Part of working at the winery was being served one meal a day – of course this came with wine. The work lunches usually presented sample bottles from last year and the one before. I made a deal with myself that I would try at least two every day.
This was no hard task as the number of wines made and the sophistication of the French style had me constantly engaged. I became to understand a key word of French wine: finesse. Unlike many wines in Australia, that try to pack in as much flavour as possible (admittedly with complexity, but usually without subtlety) the wines here were all about balance. I found my tastes changing and appreciating a wine for its multitude of flavours and textures brought together in the mouth as smooth as velvet.

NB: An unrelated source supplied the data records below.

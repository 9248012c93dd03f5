-- ===== src/Status.antt =====
-- src/common/status.h: error values, and the results that carry them.
use pgiceberg.Common.{◌≡◌, refl, ap, Bool, true, false, [], ◌++◌, is_empty, if◌then◌else◌}
use pgiceberg.Common.Bytes.{Bytes, text}

-- `std::expected`.
pub data Expected {ℓ κ} (E : Type ℓ) (A : Type κ) : Type (ℓ ⊔ κ) where
  ok : A → Expected E A
  err : E → Expected E A

-- The `ERRCODE_*` values that the extension raises.
pub data SqlState : Type 0 where
  internal_error invalid_parameter_value io_error data_exception : SqlState
  feature_not_supported object_not_in_prerequisite_state undefined_object : SqlState
  duplicate_object numeric_value_out_of_range string_data_length_mismatch fdw_error
        fdw_invalid_attribute_value null_value_not_allowed :
      SqlState
  fdw_inconsistent_descriptor_information : SqlState

pub record PgError : Type 0 where
  pub sqlerrcode : SqlState
  pub message : Bytes
  pub hint : Bytes

abbrev pub Result {ℓ} : Type ℓ → Type ℓ
Result A = Expected PgError A

abbrev pub Status : Type 0
Status = Result (Unit {0})

unfoldable pub make_error : SqlState → Bytes → Bytes → PgError
make_error code message hint = record { sqlerrcode = code; message = message; hint = hint }

unfoldable pub with_context : Bytes → Bytes → Bytes
with_context context message = if is_empty context then message else context ++ text ": " ++ message

-- `iceberg::ErrorKind`: the values that the source names, and the others.
pub data ErrorKind : Type 0 where
  already_exists invalid invalid_argument invalid_arrow_data invalid_expression : ErrorKind
  invalid_manifest invalid_manifest_list invalid_schema validation_failed : ErrorKind
  no_such_namespace no_such_table no_such_view no_such_warehouse not_found : ErrorKind
  not_implemented not_supported iceberg_io_error commit_state_unknown other_kind : ErrorKind

pub record IcebergError : Type 0 where
  pub kind : ErrorKind
  pub message : Bytes

abbrev pub IcebergResult {ℓ} : Type ℓ → Type ℓ
IcebergResult A = Expected IcebergError A

unfoldable pub sql_state_for_iceberg_error : ErrorKind → SqlState
sql_state_for_iceberg_error already_exists = duplicate_object
sql_state_for_iceberg_error invalid = invalid_parameter_value
sql_state_for_iceberg_error invalid_argument = invalid_parameter_value
sql_state_for_iceberg_error invalid_arrow_data = invalid_parameter_value
sql_state_for_iceberg_error invalid_expression = invalid_parameter_value
sql_state_for_iceberg_error invalid_manifest = invalid_parameter_value
sql_state_for_iceberg_error invalid_manifest_list = invalid_parameter_value
sql_state_for_iceberg_error invalid_schema = invalid_parameter_value
sql_state_for_iceberg_error validation_failed = invalid_parameter_value
sql_state_for_iceberg_error no_such_namespace = undefined_object
sql_state_for_iceberg_error no_such_table = undefined_object
sql_state_for_iceberg_error no_such_view = undefined_object
sql_state_for_iceberg_error no_such_warehouse = undefined_object
sql_state_for_iceberg_error not_found = undefined_object
sql_state_for_iceberg_error not_implemented = feature_not_supported
sql_state_for_iceberg_error not_supported = feature_not_supported
sql_state_for_iceberg_error iceberg_io_error = io_error
sql_state_for_iceberg_error commit_state_unknown = fdw_error
sql_state_for_iceberg_error other_kind = fdw_error

unfoldable pub make_pg_error : IcebergError → Bytes → PgError
make_pg_error error context =
    make_error (sql_state_for_iceberg_error error.kind) (with_context context error.message) []

-- `FromIcebergResult`, and `FromIcebergStatus` at the unit type.
unfoldable pub from_iceberg_result {ℓ} : {A : Type ℓ} → IcebergResult A → Bytes → Result A
from_iceberg_result (ok a) context = ok a
from_iceberg_result (err e) context = err (make_pg_error e context)

-- `PGICEBERG_ASSIGN_OR_RETURN` and `PGICEBERG_RETURN_NOT_OK` on a value with no state.
abbrev pub and_then {ℓ κ μ} :
    {E : Type ℓ} {A : Type κ} {B : Type μ} → Expected E A → (A → Expected E B) → Expected E B
and_then (ok a) f = f a
and_then (err e) f = err e

abbrev pub is_ok {ℓ κ} : {E : Type ℓ} {A : Type κ} → Expected E A → Bool
is_ok (ok a) = true
is_ok (err e) = false

ok_or {ℓ} : {E A : Type ℓ} → A → Expected E A → A
ok_or a (ok b) = b
ok_or a (err e) = a

pub ok_injective : {E A : Type 0} {a b : A} → ◌≡◌ {A = Expected E A} (ok a) (ok b) → a ≡ b
unfolding ok_or
ok_injective {a = a} h = ap (ok_or a) h

pub and_then_inversion {ℓ κ μ} :
    {E : Type ℓ} {A : Type κ} {B : Type μ} (m : Expected E A) (f : A → Expected E B) (b : B)
    → and_then m f ≡ ok b
    → (a : A) × (m ≡ ok a) × (f a ≡ ok b)
and_then_inversion (ok a) f b h = (a, refl, h)
and_then_inversion (err e) f b h = let differ : false ≡ true = ap is_ok h in absurd (cc)

pub err_not_ok : {A : Type 0} (e : PgError) (a : A) → ¬ (◌≡◌ {A = Result A} (err e) (ok a))
err_not_ok e a h = let differ : false ≡ true = ap is_ok h in absurd (cc)

-- `arrow::StatusCode`: the values that the source names, and the others.
pub data ArrowCode : Type 0 where
  arrow_invalid arrow_io_error arrow_not_implemented other_code : ArrowCode

unfoldable pub sql_state_for_arrow_status : ArrowCode → SqlState
sql_state_for_arrow_status arrow_invalid = invalid_parameter_value
sql_state_for_arrow_status arrow_io_error = io_error
sql_state_for_arrow_status arrow_not_implemented = feature_not_supported
sql_state_for_arrow_status other_code = fdw_error

-- `arrow::Status` of a failure: its code, and its `ToString`.
abbrev pub ArrowError : Type 0
ArrowError = ArrowCode × Bytes

unfoldable pub make_arrow_pg_error : ArrowError → Bytes → PgError
make_arrow_pg_error (code, message) context =
    make_error (sql_state_for_arrow_status code) (with_context context message) []

-- `FromArrowResult`, and `FromArrowStatus` at the unit type.
unfoldable pub from_arrow_result {ℓ} : {A : Type ℓ} → Expected ArrowError A → Bytes → Result A
from_arrow_result (ok a) context = ok a
from_arrow_result (err e) context = err (make_arrow_pg_error e context)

Wine was also the order outside of work hours, where I came to learn much about the beauty of the Rhone.
A highlight was a Viogner without sulfates. It was nothing like any of the Viogners I had tried at home. In fact, until this hit my taste buds, I had resigned to not liking this variety. It was fruity, almost like a sauvignon blanc and so incredibly fresh.
I tried a wine from Cote-du-Rhone that smelt exactly like Turkish delight. What an amazing bouquet! Whilst I did not warm to the taste as much, I could have sat, sniffing that wine for hours.
There was a Coufis that was explained like a wine stew where kilos and kilos of grapes are used for just one bottle. It was all Viogner taken from three different regions. It was so sweet but enjoyable with oak.
Each wine I tried from Chateauneuf-du-Pape was different and here it was explained to me that it is one of the biggest areas of the Rhone. One red from the region was amazing. It was so fruity but at the same time well balanced with soft oaks.
So is it the best job in the world?
I learnt a lot in this month at the winery. I learnt useful French words (like hose, bucket, broom and squidgy). I learnt how to make wine. I learnt about history, geography and science. I tasted some incredible bottles, and I was surrounded by beauty. Sure, the hours were long, the work was hard. But what a unique experience it was. And how much enjoyment one can have when life is devoted to creating one of the oldest and most cherished beverages of all time.